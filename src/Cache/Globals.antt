-- ===== src/Cache/Globals.antt =====
-- The global objects of csrc/instant_tensor/io_context.hpp at their start and their end: the context
-- of cuFile, which is made once, the cache of host buffers, and the mappings that are undone last; and
-- `cleanup` of csrc/main.cpp. What the calls of the system return is a parameter.
use instant_tensor.Base.{
  ℕ, ◌≡◌, refl, ap, ◌∙◌, Bool, true, false, if◌then◌else◌, Option, none, some, List, [], ◌∷◌, ◌++◌,
  map, Result, ok, err,
}
use instant_tensor.Types.{HostBufferCacheEntry}

-- What is done to the system.
pub data GlobalCall : Type 0 where
  driver_open driver_close : GlobalCall
  delete_buffer : ℕ → GlobalCall
  unmap : ℕ → ℕ → GlobalCall

pub data GlobalError : Type 0 where
  driver_failed munmap_failed : GlobalError

pub record Calls : Type 0 where
  pub driver_opens : Bool
  pub driver_closes : Bool
  pub munmap : ℕ → ℕ → Bool

-- The three pointers; `none` is null. The context is whether it was made.
pub record Globals : Type 0 where
  pub cufile_context_initializer : Option Bool
  pub host_buffer_cache : Option (List HostBufferCacheEntry)
  pub munmaper : Option (List (ℕ × ℕ))

-- CufileContextInitializer::initialize, whose lock makes it one step: the calls, and the context.
unfoldable pub initialize : Calls → Bool → Result GlobalError Bool × List GlobalCall
initialize calls true = (ok true, [])
initialize calls false =
    if calls.driver_opens
    then (ok true, driver_open ∷ [])
    else (err driver_failed, driver_open ∷ [])

-- The destructors. ~CufileContext throws where the driver does not close, out of a destructor, which
-- ends the process.
unfoldable pub destroy_context : Calls → Bool → Result GlobalError (Unit {0}) × List GlobalCall
destroy_context calls false = (ok tt, [])
destroy_context calls true =
    if calls.driver_closes
    then (ok tt, driver_close ∷ [])
    else (err driver_failed, driver_close ∷ [])

unfoldable pub destroy_cache : List HostBufferCacheEntry → List GlobalCall
destroy_cache [] = []
destroy_cache (entry ∷ rest) = delete_buffer entry.ptr ∷ destroy_cache rest

abbrev pub before_rest :
    GlobalCall
    → Result GlobalError (Unit {0}) × List GlobalCall
    → Result GlobalError (Unit {0}) × List GlobalCall
before_rest call (r, calls) = (r, call ∷ calls)

unfoldable pub destroy_munmaper :
    Calls → List (ℕ × ℕ) → Result GlobalError (Unit {0}) × List GlobalCall
destroy_munmaper calls [] = (ok tt, [])
destroy_munmaper calls ((ptr, size) ∷ rest) =
    let later = before_rest (unmap ptr size) (destroy_munmaper calls rest) in
    if calls.munmap ptr size then later else (err munmap_failed, unmap ptr size ∷ [])

unfoldable pub add : List (ℕ × ℕ) → ℕ → ℕ → List (ℕ × ℕ)
add mapped_memory ptr size = mapped_memory ++ (ptr, size) ∷ []

-- reset() of a pointer: nothing where it is null.
abbrev pub reset_context : Calls → Option Bool → Result GlobalError (Unit {0}) × List GlobalCall
reset_context calls none = (ok tt, [])
reset_context calls (some context) = destroy_context calls context

abbrev pub reset_cache : Option (List HostBufferCacheEntry) → List GlobalCall
reset_cache none = []
reset_cache (some entries) = destroy_cache entries

abbrev pub reset_munmaper :
    Calls → Option (List (ℕ × ℕ)) → Result GlobalError (Unit {0}) × List GlobalCall
reset_munmaper calls none = (ok tt, [])
reset_munmaper calls (some mapped) = destroy_munmaper calls mapped

abbrev pub cleared : Globals
cleared = record { cufile_context_initializer = none; host_buffer_cache = none; munmaper = none }

abbrev pub after_context :
    Calls
    → Globals
    → Result GlobalError (Unit {0}) × List GlobalCall
    → Result GlobalError (Unit {0}) × List GlobalCall
after_context calls g (err e, done) = (err e, done)
after_context calls g (ok u, done) =
    let rest = reset_munmaper calls g.munmaper in
    (rest.0, done ++ (reset_cache g.host_buffer_cache ++ rest.1))

unfoldable pub cleanup : Calls → Globals → Result GlobalError (Unit {0}) × List GlobalCall
cleanup calls g = after_context calls g (reset_context calls g.cufile_context_initializer)

-- The calls that a clean end makes, each once.
abbrev pub closing : Option Bool → List GlobalCall
closing none = []
closing (some false) = []
closing (some true) = driver_close ∷ []

abbrev pub deletions : Option (List HostBufferCacheEntry) → List GlobalCall
deletions none = []
deletions (some entries) = map (λ entry. delete_buffer (HostBufferCacheEntry.ptr entry)) entries

abbrev pub unmappings : Option (List (ℕ × ℕ)) → List GlobalCall
unmappings none = []
unmappings (some mapped) = map (λ m. unmap m.0 m.1) mapped

destroy_cache_lem :
    (entries : List HostBufferCacheEntry) → destroy_cache entries ≡ deletions (some entries)
unfolding destroy_cache
destroy_cache_lem [] = refl
destroy_cache_lem (entry ∷ rest) = ap (◌∷◌ (delete_buffer entry.ptr)) (destroy_cache_lem rest)

reset_cache_lem : (cache : Option (List HostBufferCacheEntry)) → reset_cache cache ≡ deletions cache
reset_cache_lem none = refl
reset_cache_lem (some entries) = destroy_cache_lem entries

module _ (calls : Calls) (closes : calls.driver_closes ≡ true)
    (unmaps : (ptr size : ℕ) → calls.munmap ptr size ≡ true) where
  destroy_munmaper_lem :
      (mapped : List (ℕ × ℕ)) → destroy_munmaper calls mapped ≡ (ok tt, unmappings (some mapped))
  unfolding destroy_munmaper
  destroy_munmaper_lem [] = refl
  destroy_munmaper_lem ((ptr, size) ∷ rest) =
      rw (unmaps ptr size) (ap (before_rest (unmap ptr size)) (destroy_munmaper_lem rest))

  reset_munmaper_lem :
      (mapped : Option (List (ℕ × ℕ))) → reset_munmaper calls mapped ≡ (ok tt, unmappings mapped)
  reset_munmaper_lem none = refl
  reset_munmaper_lem (some mapped) = destroy_munmaper_lem mapped

  reset_context_lem :
      (context : Option Bool) → reset_context calls context ≡ (ok tt, closing context)
  unfolding destroy_context
  reset_context_lem none = refl
  reset_context_lem (some false) = refl
  reset_context_lem (some true) = rw closes refl

  -- Where cuFile closes and every mapping can be undone, `cleanup` throws nothing: it closes the
  -- driver if it was opened, then deletes each cached buffer, and then undoes each mapping, each once
  -- and in the order in which they were added.
  pub cleanup_lem :
      (g : Globals)
      → cleanup calls g ≡ (
        ok tt,
        closing g.cufile_context_initializer
            ++ (deletions g.host_buffer_cache ++ unmappings g.munmaper),
      )
  unfolding cleanup
  cleanup_lem g =
      ap (after_context calls g) (reset_context_lem g.cufile_context_initializer)
      ∙ ap
          (λ (r : Result GlobalError (Unit {0}) × List GlobalCall).
            (r.0, closing g.cufile_context_initializer ++ (reset_cache g.host_buffer_cache ++ r.1)))
          (reset_munmaper_lem g.munmaper)
      ∙ ap (λ l. (ok tt, closing g.cufile_context_initializer ++ (l ++ unmappings g.munmaper)))
          (reset_cache_lem g.host_buffer_cache)
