-- ===== src/Cache/Tests.antt =====
-- Two buffers in the cache, and the theorems on them.
use instant_tensor.Base.{ℕ, ◌≡◌, ◌≤◌, List, [], ◌∷◌, ◌++◌, ◌⊎◌}
use instant_tensor.Types.{HostBufferCacheEntry}
use instant_tensor.Cache.{get, no_entry, AllSmaller, get_lem}

abbrev entry_of : ℕ → ℕ → HostBufferCacheEntry
entry_of ptr size = record { ptr = ptr; size = size }

abbrev two_buffers : List HostBufferCacheEntry
two_buffers = entry_of 1 10 ∷ entry_of 2 20 ∷ []

get_example :
    ((front : List HostBufferCacheEntry) × (back : List HostBufferCacheEntry)
      × (entry : HostBufferCacheEntry) × (two_buffers ≡ front ++ entry ∷ back)
      × (get two_buffers 15 ≡ (entry, front ++ back))
      × (15 ≤ entry.size)
      × AllSmaller 15 front)
    ⊎ ((get two_buffers 15 ≡ (no_entry, two_buffers)) × AllSmaller 15 two_buffers)
get_example = get_lem two_buffers 15
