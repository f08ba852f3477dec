-- ===== src/Size.antt =====
-- `size_t` arithmetic (64 bits, wrapping) and the rounding templates of
-- csrc/instant_tensor/common.hpp. Division by zero is undefined in C++; the callers' divisors are
-- the alignments, which a valid configuration keeps positive.
pub mod Rounding
pub mod Split
use instant_tensor.Base.{ℕ, ◌+◌, ◌-◌, ◌*◌, ◌/◌, ◌%◌, ◌^◌, ltb, if◌then◌else◌, min}
use instant_tensor.Base.Int.{ℤ, pos, negsuc}

abbrev pub size_mod : ℕ
size_mod = 2 ^ 64

abbrev pub add_size : ℕ → ℕ → ℕ
add_size a b = (a + b) % 2 ^ 64

abbrev pub sub_size : ℕ → ℕ → ℕ
sub_size a b = (a + 2 ^ 64 - b) % 2 ^ 64

abbrev pub mul_size : ℕ → ℕ → ℕ
mul_size a b = (a * b) % 2 ^ 64

-- DIV_CEIL
unfoldable pub div_ceil : ℕ → ℕ → ℕ
div_ceil x y = sub_size (add_size x y) 1 / y

-- ROUND_UP
unfoldable pub round_up : ℕ → ℕ → ℕ
unfolding div_ceil
round_up x y = mul_size (div_ceil x y) y

-- ROUND_DOWN
unfoldable pub round_down : ℕ → ℕ → ℕ
round_down x y = mul_size (x / y) y

-- `std::min((size_t)std::max((ssize_t)n, (ssize_t)0), limit)`: a difference that went below zero
-- counts as none.
unfoldable pub clamp_size : ℕ → ℕ → ℕ
clamp_size n limit = min (if ltb n (2 ^ 63) then n else 0) limit
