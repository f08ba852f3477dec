-- ===== src/Dlpack.antt =====
-- csrc/instant_tensor/dlpack_utils.hpp: the description of a tensor that is handed to Python.
pub mod Names
pub mod Packing
mod Tests
use Prim.Native.String.{String, ◌++◌}
use text.Mathlib.Text.{◌==◌}
use text.Mathlib.TextEquality.{eq_iff}
use instant_tensor.Base.{
  ℕ, zero, suc, ◌+◌, ◌*◌, ◌^◌, ◌%◌, ◌≤◌, ◌<◌, ◌≡◌, ◌≢◌, ◌⊎◌, inl, inr, refl, ap, ◌∙◌, sym, Bool,
  true, false, Bool-cases, if◌then◌else◌, ◌&&◌, Option, none, some, List, [], ◌∷◌, length, Result,
  ok, err, ◌>>=◌, or_fail, arith,
}
use instant_tensor.Size.{mul_size}

-- The type codes that are used.
pub data DlCode : Type 0 where
  dl_bool dl_int dl_uint dl_float dl_bfloat dl_complex dl_float4_e2m1fn : DlCode
  dl_float8_e5m2 dl_float8_e5m2fnuz dl_float8_e4m3fn dl_float8_e4m3fnuz dl_float8_e8m0fnu : DlCode

pub record DlDataType : Type 0 where
  pub code : DlCode
  pub bits : ℕ
  pub lanes : ℕ

pub data DlError : Type 0 where
  unsupported_dtype : DlError

abbrev dtype : DlCode → ℕ → DlDataType
dtype code bits = record { code = code; bits = bits; lanes = 1 }

-- The branches of `torch_to_dlpack_dtype`, in their order.
abbrev pub dtypes : List (String × DlDataType)
dtypes =
    ("bool", dtype dl_bool 8)
    ∷ ("float4_e2m1fn_x2", dtype dl_float4_e2m1fn 4)
    ∷ ("uint8", dtype dl_uint 8)
    ∷ ("int8", dtype dl_int 8)
    ∷ ("float8_e5m2", dtype dl_float8_e5m2 8)
    ∷ ("float8_e5m2fnuz", dtype dl_float8_e5m2fnuz 8)
    ∷ ("float8_e4m3fn", dtype dl_float8_e4m3fn 8)
    ∷ ("float8_e4m3fnuz", dtype dl_float8_e4m3fnuz 8)
    ∷ ("float8_e8m0fnu", dtype dl_float8_e8m0fnu 8)
    ∷ ("int16", dtype dl_int 16)
    ∷ ("uint16", dtype dl_uint 16)
    ∷ ("float16", dtype dl_float 16)
    ∷ ("bfloat16", dtype dl_bfloat 16)
    ∷ ("int32", dtype dl_int 32)
    ∷ ("uint32", dtype dl_uint 32)
    ∷ ("float32", dtype dl_float 32)
    ∷ ("complex64", dtype dl_complex 64)
    ∷ ("float64", dtype dl_float 64)
    ∷ ("int64", dtype dl_int 64)
    ∷ ("uint64", dtype dl_uint 64)
    ∷ []

unfoldable pub find_dtype : String → List (String × DlDataType) → Result DlError DlDataType
find_dtype s [] = err unsupported_dtype
find_dtype s ((name, t) ∷ rest) = if s == name then ok t else find_dtype s rest

unfoldable pub torch_to_dlpack_dtype : String → Result DlError DlDataType
torch_to_dlpack_dtype s = find_dtype s dtypes

abbrev pub first_or : ℕ → List ℕ → ℕ
first_or d [] = d
first_or d (x ∷ xs) = x

-- The loop over the dimensions, from the last one on. The products are int64_t, by their bits.
unfoldable pub strides_of : List ℕ → List ℕ
strides_of [] = []
strides_of (n ∷ []) = 1 ∷ []
strides_of (n ∷ m ∷ rest) =
    let later = strides_of (m ∷ rest) in mul_size (first_or 1 later) m ∷ later

-- DLTensor, with the device of the process.
pub record DlTensor : Type 0 where
  pub data_ptr : ℕ
  pub device_id : ℕ
  pub ndim : ℕ
  pub dl_dtype : DlDataType
  pub shape : List ℕ
  pub strides : List ℕ
  pub byte_offset : ℕ

unfoldable pub dl_tensor : ℕ → List ℕ → ℕ → DlDataType → DlTensor
dl_tensor ptr shape device_id t = record {
  data_ptr = ptr;
  device_id = device_id;
  ndim = length shape;
  dl_dtype = t;
  shape = shape;
  strides = strides_of shape;
  byte_offset = 0;
}

unfoldable pub pack_dlpack : ℕ → List ℕ → String → ℕ → Result DlError DlTensor
pack_dlpack ptr shape name device_id = do
  t ← torch_to_dlpack_dtype name
  ok (dl_tensor ptr shape device_id t)

-- An index in each dimension, below the shape.
abbrev pub IsIndex : List ℕ → List ℕ → Type 0
IsIndex [] [] = Unit
IsIndex [] (n ∷ shape) = ⊥
IsIndex (i ∷ index) [] = ⊥
IsIndex (i ∷ index) (n ∷ shape) = (i < n) × IsIndex index shape

abbrev pub product : List ℕ → ℕ
product [] = 1
product (n ∷ shape) = n * product shape

-- The element that an index names by strides, and in row-major order.
abbrev pub offset : List ℕ → List ℕ → ℕ
offset [] strides = 0
offset (i ∷ index) [] = 0
offset (i ∷ index) (s ∷ strides) = i * s + offset index strides

abbrev pub row_major : ℕ → List ℕ → List ℕ → ℕ
row_major acc [] shape = acc
row_major acc (i ∷ index) [] = acc
row_major acc (i ∷ index) (n ∷ shape) = row_major (acc * n + i) index shape

product_rest : (n : ℕ) (rest : List ℕ) → 0 < n → product rest ≤ product (n ∷ rest)
product_rest n rest h = at_least n (product rest) h
  where
    at_least : (n p : ℕ) → 0 < n → p ≤ n * p
    at_least n p h = grind arith

first-strides :
    (n : ℕ) (index rest : List ℕ)
    → IsIndex index rest
    → product rest < 2 ^ 63
    → first_or 1 (strides_of (n ∷ rest)) ≡ product rest
unfolding strides_of
first-strides n [] [] h small = refl
first-strides n [] (m ∷ rest) h small = absurd h
first-strides n (i ∷ index) [] h small = absurd h
first-strides n (i ∷ index) (m ∷ rest) (low, h) small =
    let shorter : product rest < 2 ^ 63 =
      omega (arith, product_rest m rest (omega (arith, low)), small) in
    rw (first-strides m index rest h shorter) (fits m (product rest) small)
  where
    mul_comm : (p m : ℕ) → p * m ≡ m * p
    mul_comm p m = grind arith

    fits : (m p : ℕ) → m * p < 2 ^ 63 → mul_size p m ≡ m * p
    fits m p small = ap (λ k. k % 2 ^ 64) (mul_comm p m) ∙ omega (arith, small)

strides_next :
    (n : ℕ) (index rest : List ℕ)
    → IsIndex index rest
    → product rest < 2 ^ 63
    → strides_of (n ∷ rest) ≡ product rest ∷ strides_of rest
unfolding strides_of
strides_next n index [] h small = refl
strides_next n index (m ∷ rest) h small =
    ap (λ k. k ∷ strides_of (m ∷ rest)) (first-strides n index (m ∷ rest) h small)

-- Row-major order from `acc` on adds `acc` times the elements of the rest.
row_major_lem :
    (acc : ℕ) (index shape : List ℕ)
    → IsIndex index shape
    → product shape < 2 ^ 63
    → row_major acc index shape ≡ acc * product shape + offset index (strides_of shape)
row_major_lem acc [] [] h small = omega arith
row_major_lem acc [] (n ∷ shape) h small = absurd h
row_major_lem acc (i ∷ index) [] h small = absurd h
row_major_lem acc (i ∷ index) (n ∷ shape) (low, h) small =
    let shorter : product shape < 2 ^ 63 =
      omega (arith, product_rest n shape (omega (arith, low)), small) in
    rw (strides_next n index shape h shorter)
      (row_major_lem (acc * n + i) index shape h shorter ∙ grind arith)

offset_bound :
    (index shape : List ℕ)
    → IsIndex index shape
    → product shape < 2 ^ 63
    → offset index (strides_of shape) < product shape
offset_bound [] [] h small = omega arith
offset_bound [] (n ∷ shape) h small = absurd h
offset_bound (i ∷ index) [] h small = absurd h
offset_bound (i ∷ index) (n ∷ shape) (low, h) small =
    let shorter : product shape < 2 ^ 63 =
      omega (arith, product_rest n shape (omega (arith, low)), small) in
    rw (strides_next n index shape h shorter)
      (bound i n (product shape) _ low (offset_bound index shape h shorter))
  where
    rows : (i n p : ℕ) → i < n → i * p + p ≤ n * p
    rows i n p h = grind arith

    bound : (i n p o : ℕ) → i < n → o < p → i * p + o < n * p
    bound i n p o h k = omega (arith, rows i n p h)

-- For a shape with less than 2 ^ 63 elements, at an index below the shape, the strides that are
-- computed name the element that comes in row-major order, and it is one of the elements of the
-- tensor.
pub strides_row_major :
    (index shape : List ℕ)
    → IsIndex index shape
    → product shape < 2 ^ 63
    → (offset index (strides_of shape) ≡ row_major 0 index shape)
      × (offset index (strides_of shape) < product shape)
strides_row_major index shape h small =
    (omega (arith, row_major_lem 0 index shape h small), offset_bound index shape h small)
++++++++
**WHAT YOU ARE ASKED TO DO**
Write out exactly the lines that fall from the line with "pub record Globals : Type 0 where" to the line with "if calls.munmap ptr" in the records above, keeping both ends.

**RESULT**
pub record Globals : Type 0 where
  pub cufile_context_initializer : Option Bool
  pub host_buffer_cache : Option (List HostBufferCacheEntry)
  pub munmaper : Option (List (ℕ × ℕ))

-- CufileContextInitializer::initialize, whose lock makes it one step: the calls, and the context.
unfoldable pub initialize : Calls → Bool → Result GlobalError Bool × List GlobalCall
initialize calls true = (ok true, [])
initialize calls false =
    if calls.driver_opens
    then (ok true, driver_open ∷ [])
    else (err driver_failed, driver_open ∷ [])

-- The destructors. ~CufileContext throws where the driver does not close, out of a destructor, which
-- ends the process.
unfoldable pub destroy_context : Calls → Bool → Result GlobalError (Unit {0}) × List GlobalCall
destroy_context calls false = (ok tt, [])
destroy_context calls true =
    if calls.driver_closes
    then (ok tt, driver_close ∷ [])
    else (err driver_failed, driver_close ∷ [])

unfoldable pub destroy_cache : List HostBufferCacheEntry → List GlobalCall
destroy_cache [] = []
destroy_cache (entry ∷ rest) = delete_buffer entry.ptr ∷ destroy_cache rest

abbrev pub before_rest :
    GlobalCall
    → Result GlobalError (Unit {0}) × List GlobalCall
    → Result GlobalError (Unit {0}) × List GlobalCall
before_rest call (r, calls) = (r, call ∷ calls)

unfoldable pub destroy_munmaper :
    Calls → List (ℕ × ℕ) → Result GlobalError (Unit {0}) × List GlobalCall
destroy_munmaper calls [] = (ok tt, [])
destroy_munmaper calls ((ptr, size) ∷ rest) =
    let later = before_rest (unmap ptr size) (destroy_munmaper calls rest) in
    if calls.munmap ptr size then later else (err munmap_failed, unmap ptr size ∷ [])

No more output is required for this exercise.